My environment:
- CoreNLP 3.5.1
- Stanford-Chinese-corenlp-2015-01-30-models
- Chinese default property file:
StanfordCoreNLP-chinese.propertiesannotators = segment, ssplit
My test text "這是第一個句子。這是第二個句子。"
I get an offer from
val sentences = annotation.get(classOf[SentencesAnnotation])
for (sent <- sentences) {
count+=1
println("sentence{$count} = " + sent.get(classOf[TextAnnotation]))
}
It always prints the entire test text as one sentence, rather than what is expected here:
sentence1 = 這是第一個句子。這是第二個句子。
expected:
expected sentence1 = 這是第一個句子。
expected sentence2 = 這是第二個句子。
Even the same result if I add additional properties, for example:
ssplit.eolonly = false
ssplit.isOneSentence = false
ssplit.newlineIsSentenceBreak = always
ssplit.boundaryTokenRegex = [.]|[!?]+|[。]|[!?]+
CoreNLP Magazines
Registering annotator segment with class edu.stanford.nlp.pipeline.ChineseSegmenterAnnotator
Adding annotator segment
Loading Segmentation Model [edu/stanford/nlp/models/segmenter/chinese/ctb.gz]...Loading classifier from edu/stanford/nlp/models/segmenter/chinese/ctb.gz ... Loading Chinese dictionaries from 1 files:
edu/stanford/nlp/models/segmenter/chinese/dict-chris6.ser.gz
loading dictionaries from edu/stanford/nlp/models/segmenter/chinese/dict-chris6.ser.gz...Done. Unique words in ChineseDictionary is: 423200
done [56.9 sec].
done. Time elapsed: 57041 ms
Adding annotator ssplit
Adding Segmentation annotation...output: [null, null, null, null, null, null, null, null, null, null, null, null, null, null, null, null]

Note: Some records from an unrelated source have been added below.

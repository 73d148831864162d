-- ===== src/Zktrie/Trie/Paths.antt =====
-- The leaf paths of src/common/zktrie/src/utils.rs are paths of the sparse trie.
use mathlib.Core.Path.{subst}
use linea_sgx_prover.Prelude.{
  ℕ, ◌+◌, ◌/◌, ◌%◌, ◌^◌, ◌<◌, zero, suc, [], ◌∷◌, ◌++◌, ◌≡◌, ◌≢◌, refl, ◌∙◌, ap, sym, arith, length,
  length-append,
}
use linea_sgx_prover.Prelude.Results.{ok}
use linea_sgx_prover.Bytes.{Bytes}
use linea_sgx_prover.Zktrie.Types.{Error}
use linea_sgx_prover.Zktrie.Path.{get_leaf_path}
use linea_sgx_prover.Zktrie.Path.Bits.{bits, length-bits, path_of, get_leaf_path_injective}
use linea_sgx_prover.Zktrie.Sparse.Tree.Reads.{IsPath}

abbrev AreBits : Bytes → Type 0
AreBits [] = Unit
AreBits (b ∷ p) = (b < 2) × AreBits p

append-AreBits : (p : Bytes) (b : ℕ) → AreBits p → b < 2 → AreBits (p ++ b ∷ [])
append-AreBits [] b bp small = (small, tt)
append-AreBits (c ∷ p) b bp small = (bp.0, append-AreBits p b bp.1 small)

bits-AreBits : (w n : ℕ) → AreBits (bits w n)
unfolding bits
bits-AreBits zero n = tt
bits-AreBits (suc w) n =
    append-AreBits (bits w (n / 2)) (n % 2) (bits-AreBits w (n / 2)) (omega arith)

marked-IsPath : (p : Bytes) → AreBits p → IsPath (p ++ 0x16 ∷ [])
marked-IsPath [] bp = refl
marked-IsPath (b ∷ []) bp = (bp.0, refl)
marked-IsPath (b ∷ c ∷ p) bp = (bp.0, marked-IsPath (c ∷ p) bp.1)

-- What a leaf path looks like.
pub record IsLeafPath (path : Bytes) : Type 0 where
  pub below : Bytes
  pub below_lem : path ≡ 1 ∷ below
  pub formed : IsPath path
  pub size : length path ≡ 42

pub get_leaf_path-IsLeafPath :
    (idx : ℕ) {path : Bytes} → get_leaf_path {E = Error} idx ≡ ok path → IsLeafPath path
get_leaf_path-IsLeafPath idx {path} h =
    let (small, digits) = path_of Error idx h in
    record {
      below = bits 40 idx ++ 0x16 ∷ [];
      below_lem = digits;
      formed =
          subst IsPath (sym digits)
            (marked-IsPath (1 ∷ bits 40 idx) (omega arith, bits-AreBits 40 idx));
      size =
          ap length digits
          ∙ omega (arith, length-bits 40 idx, length-append (bits 40 idx) (0x16 ∷ []));
    }

-- Other indices have other paths, and an index that has a path is far below 2^64.
pub get_leaf_path_ne :
    (i j : ℕ) {p q : Bytes}
    → get_leaf_path {E = Error} i ≡ ok p
    → get_leaf_path {E = Error} j ≡ ok q
    → i ≢ j
    → p ≢ q
get_leaf_path_ne i j {p} hi hj ne e = ne (get_leaf_path_injective Error i j hi (hj ∙ ap ok (sym e)))

pub get_leaf_path_fits :
    (idx : ℕ) {path : Bytes} → get_leaf_path {E = Error} idx ≡ ok path → idx + 1 < 2 ^ 64
get_leaf_path_fits idx h = let small = (path_of Error idx h).0 in omega arith
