-- ===== src/Tokens/Repo.antt =====
-- The stores of keys and accounts, as the key services call them
-- (internal/infra/postgres/tokens/tokens.go, internal/infra/postgres/users/users.go).
use llm_proxy_backend.Prelude.{
  ℕ, ◌&&◌, Option, none, some, List, [], ◌∷◌, leb, ◌==◌, if◌then◌else◌, length, any, keep, find,
}
use llm_proxy_backend.Prelude.Text.{Text, ◌=t◌}
use llm_proxy_backend.Identity.{User}
use llm_proxy_backend.Store.{Op, not_found, token_limit, ok, err, call}
use llm_proxy_backend.Store.Tables.{Token, AuditEvent}
use llm_proxy_backend.Tokens.Key.{is_live}

abbrev pub max_live_tokens_per_owner : ℕ
max_live_tokens_per_owner = 50

-- A row read, or ErrNotFound.
abbrev pub found : {A : Type 0} → Option A → Op A
found none s = (err not_found, s)
found (some a) s = (ok a, s)

unfoldable pub user_by_id : ℕ → Op User
user_by_id id = call λ s. found (find (λ u. u.id == id) s.users) s

unfoldable pub token_by_id : ℕ → Op Token
token_by_id id = call λ s. found (find (λ t. t.id == id) s.tokens) s

unfoldable pub token_by_hash : Text → Op Token
token_by_hash hash = call λ s. found (find (λ t. t.hash =t hash) s.tokens) s

-- The rows `count(*) … WHERE user_id = $1 AND revoked_at IS NULL` counts.
abbrev pub live_keys : ℕ → List Token → List Token
live_keys owner = keep λ t. (t.user_id == owner) && is_live t

-- One transaction: the owner's row is locked, the live keys counted, the row inserted.
unfoldable pub create_token : Token → Op (Unit {0})
create_token t = call λ s.
    if any (λ u. u.id == t.user_id) s.users
    then if leb max_live_tokens_per_owner (length (live_keys t.user_id s.tokens))
      then (err token_limit, s)
      else (ok tt, record s { tokens = t ∷ s.tokens })
    else (err not_found, s)

-- The columns that `Save` updates.
abbrev pub saved : Token → Token → Token
saved t row = record row { label = t.label; revoked_at = t.revoked_at; revoked_by = t.revoked_by }

unfoldable pub update_row : Token → List Token → List Token
update_row t [] = []
update_row t (row ∷ rows) = (if row.id == t.id then saved t row else row) ∷ update_row t rows

unfoldable pub save_token : Token → Op (Unit {0})
unfolding update_row
save_token t = call λ s.
    if any (λ row. row.id == t.id) s.tokens
    then (ok tt, record s { tokens = update_row t s.tokens })
    else (err not_found, s)

unfoldable pub record_event : AuditEvent → Op (Unit {0})
record_event e = call λ s. (ok tt, record s { audit = e ∷ s.audit })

INFO: TagAffixDetector: useChPos=false | useCTBChar2=true | usePKChar2=false
INFO: TagAffixDetector: building TagAffixDetector from edu/stanford/nlp/models/segmenter/chinese/dict/character_list and edu/stanford/nlp/models/segmenter/chinese/dict/in.ctb
Loading character dictionary file from edu/stanford/nlp/models/segmenter/chinese/dict/character_list
Loading affix dictionary from edu/stanford/nlp/models/segmenter/chinese/dict/in.ctb
這是第一個句子。這是第二個句子。
[這是, 第一, 個, 句子, 。, 這是, 第二, 個, 句子, 。]
done. Time elapsed: 419 ms
I once saw someone get the next log (CoreNLP 3.5.0); oddly enough, I don't have this log:
Adding annotator ssplit edu.stanford.nlp.pipeline.AnnotatorImplementations:ssplit.boundaryTokenRegex=[.]|[!?]+|[。]|[!?]+
What is the problem? Is there a workaround? If unsolvable, I can break it myself, but I don’t know how to integrate my splits into the CoreNLP pipeline.